The RBA Minutes is the focal point this morning. Offshore the focus will be on UK Employment and US Retail Sales to see what impact recent tightening and the real income squeeze is having on activity. There are also six US Fed speakers, including Chair Powell. Details below:

  • AU: RBA Minutes: The main interest of the Minutes is whether they give any insight into the appetite of the RBA to do a supersized 40-50bp hike. Governor Lowe in his post-Meeting press conference indicated a preference for 25bp increments, described as “business as usual”. The pace of the hike cycle is also under focus, but it is unclear whether there will be any further information on top of what Governor Lowe has said about 2.50% being reasonable.
  • EZ: Employment and a second read on GDP: No consensus available for employment, a while a second read on Q1 GDP is expected to be unrevised at 0.2% q/q. ECB President Lagarde also speaks.
  • UK: Employment & BoE’s Cunliffe: Focus is on both employment and earnings amid the sizeable real income squeeze. For wages the consensus is 4.1% y/y for earnings excluding bonus, along with a 51k gain in payroll jobs.
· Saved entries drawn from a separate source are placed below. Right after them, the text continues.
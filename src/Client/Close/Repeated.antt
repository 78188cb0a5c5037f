-- ===== src/Client/Close/Repeated.antt =====
-- Calls of #close one after the other.
use quic_ruby.Base.{
  ℕ, ℤ, Option, ◌≡◌, refl, ap, ◌∙◌, ◌⊎◌, inl, inr, true, false, none, some, List, [], ◌∷◌, ◌++◌,
  arith, Bool-cases, if◌then◌else◌, length, ltb, is_positive, is_zero, is_negative, int_eq,
}
use quic_ruby.Ruby.{Kwargs, Numeric, Result-cases}
use quic_ruby.Ngtcp2.{Ngtcp2}
use quic_ruby.Client.State.{Client}
use quic_ruby.Client.Close.{close_keywords, send_close, close}

positive : (z : ℤ) → is_negative z ≡ false → is_zero z ≡ false → is_positive z ≡ true
positive z e e' = ground arith

module _ {Conn : Type 0} (n : Ngtcp2 Conn) where
  -- The client after calls of #close, each with its keywords and the time.
  unfoldable pub closes : Numeric → Client Conn → List (Kwargs × ℕ) → Client Conn
  closes num c [] = c
  closes num c ((opts, now) ∷ calls) = closes num (close n num c opts now).1 calls

  abbrev reason_of : List ℕ → Option (List ℕ)
  reason_of reason = if ltb 0 (length reason) then some reason else none

  -- What ngtcp2 answers to the call.
  abbrev frame : Client Conn → ℕ → List ℕ → ℕ → Conn × ℤ × List ℕ
  frame c code reason now = n.write_connection_close c.conn code (reason_of reason) now

  -- ngtcp2 documents that a connection of which a CONNECTION_CLOSE was written is in its closing
  -- period.
  abbrev pub EntersClosing : Type 0
  EntersClosing =
      (conn : Conn) (code : ℕ) (reason : Option (List ℕ)) (now : ℕ)
      → is_positive (n.write_connection_close conn code reason now).1 ≡ true
      → n.in_closing_period (n.write_connection_close conn code reason now).0 ≡ true

  module _ (num : Numeric) (enters : EntersClosing) where
    -- What one call leaves: nothing sent, or one datagram and a closing connection.
    CloseStep : Client Conn → Client Conn → Type 0
    CloseStep c d =
        (d.sent ≡ c.sent)
        ⊎ ((packet : List ℕ) × (d.sent ≡ c.sent ++ packet ∷ [])
            × (n.in_closing_period d.conn ≡ true))

    send_close-CloseStep :
        (c : Client Conn) (code : ℕ) (reason : List ℕ) (now : ℕ)
        → CloseStep c (send_close n c code reason now).1
    unfolding send_close CloseStep
    send_close-CloseStep c code reason now =
        elim (Bool-cases (int_eq (frame c code reason now).1 n.codes.invalid_state)) [
          | inl e ↦ rw e (inl refl)
          | inr e ↦ elim (Bool-cases (is_negative (frame c code reason now).1)) [
            | inl e' ↦ rw (e, e') (inl refl)
            | inr e' ↦ elim (Bool-cases (is_zero (frame c code reason now).1)) [
              | inl e'' ↦ rw (e, e', e'') (inl refl)
              | inr e'' ↦
                  let written = positive (frame c code reason now).1 e' e'' in
                  rw (e, e', e'') (inr (_, refl, enters c.conn code (reason_of reason) now written))
            ]
          ]
        ]

    close-CloseStep :
        (c : Client Conn) (opts : Kwargs) (now : ℕ) → CloseStep c (close n num c opts now).1
    unfolding close CloseStep
    close-CloseStep c opts now = elim (Result-cases (close_keywords num opts)) [
      | inr (x, bad) ↦ rw (close, bad) (inl refl)
      | inl ((code, reason), good) ↦
          rw (close, good) (ground (arith, send_close-CloseStep c code reason now))
    ]

    close-closing :
        (c : Client Conn) (opts : Kwargs) (now : ℕ)
        → n.in_closing_period c.conn ≡ true
        → (close n num c opts now).1 ≡ c
    unfolding close
    close-closing c opts now e = elim (Result-cases (close_keywords num opts)) [
      | inr (x, bad) ↦ rw (close, bad) refl
      | inl ((code, reason), good) ↦ simp (close, good, e)
    ]

    closes-closing :
        (c : Client Conn) (calls : List (Kwargs × ℕ))
        → n.in_closing_period c.conn ≡ true
        → closes num c calls ≡ c
    unfolding closes
    closes-closing c [] e = refl
    closes-closing c ((opts, now) ∷ calls) e =
        ap (λ (d : Client Conn). closes num d calls) (close-closing c opts now e)
        ∙ closes-closing c calls e

    -- However often #close is called, and with whatever arguments, at most one datagram is sent, where
    -- ngtcp2 is in its closing period once it has written a CONNECTION_CLOSE.
    pub closes-SendOnce :
        (c : Client Conn) (calls : List (Kwargs × ℕ))
        → ((closes num c calls).sent ≡ c.sent)
          ⊎ ((packet : List ℕ) × ((closes num c calls).sent ≡ c.sent ++ packet ∷ []))
    unfolding closes CloseStep
    closes-SendOnce c [] = inl refl
    closes-SendOnce c ((opts, now) ∷ calls) = elim (close-CloseStep c opts now) [
      | inr (packet, one, closing) ↦ inr (
        packet,
        ap (λ (d : Client Conn). d.sent) (closes-closing (close n num c opts now).1 calls closing)
            ∙ one,
      )
      | inl same ↦ elim (closes-SendOnce (close n num c opts now).1 calls) [
        | inl none_sent ↦ inl (none_sent ∙ same)
        | inr (packet, one) ↦ inr (packet, one ∙ ap (λ s. s ++ packet ∷ []) same)
      ]
    ]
The BoE’s Cunliffe speaks, but this is likely to be more on regulation given he is speaking to the Future of Everything Festival on ‘Money, markets and regulation’.
  • US: Retail Sales/Industrial Production & Fed Speak: Core retail sales control group is expected to rise 0.8% m/m after last month’s -0.1%. Any downside miss would heightened concerns of the economy slowing more than expected amid the real income squeeze and a tightening in financial conditions. Earnings for retailers will also be watched closely with Walmart and Home Depot reporting. There is lots of Fed speak with six Fed speakers, including Chair Powell who is being interviewed by the WSJ journal. Powell is likely to re-iterate similar wording to his interview of last week where he took a hawkish line, taking some sugar coating off a soft landing:  “whether we can execute a soft landing or not, it may actually depend on factors that we don’t control” (see Powell: interview transcript with Marketplace ).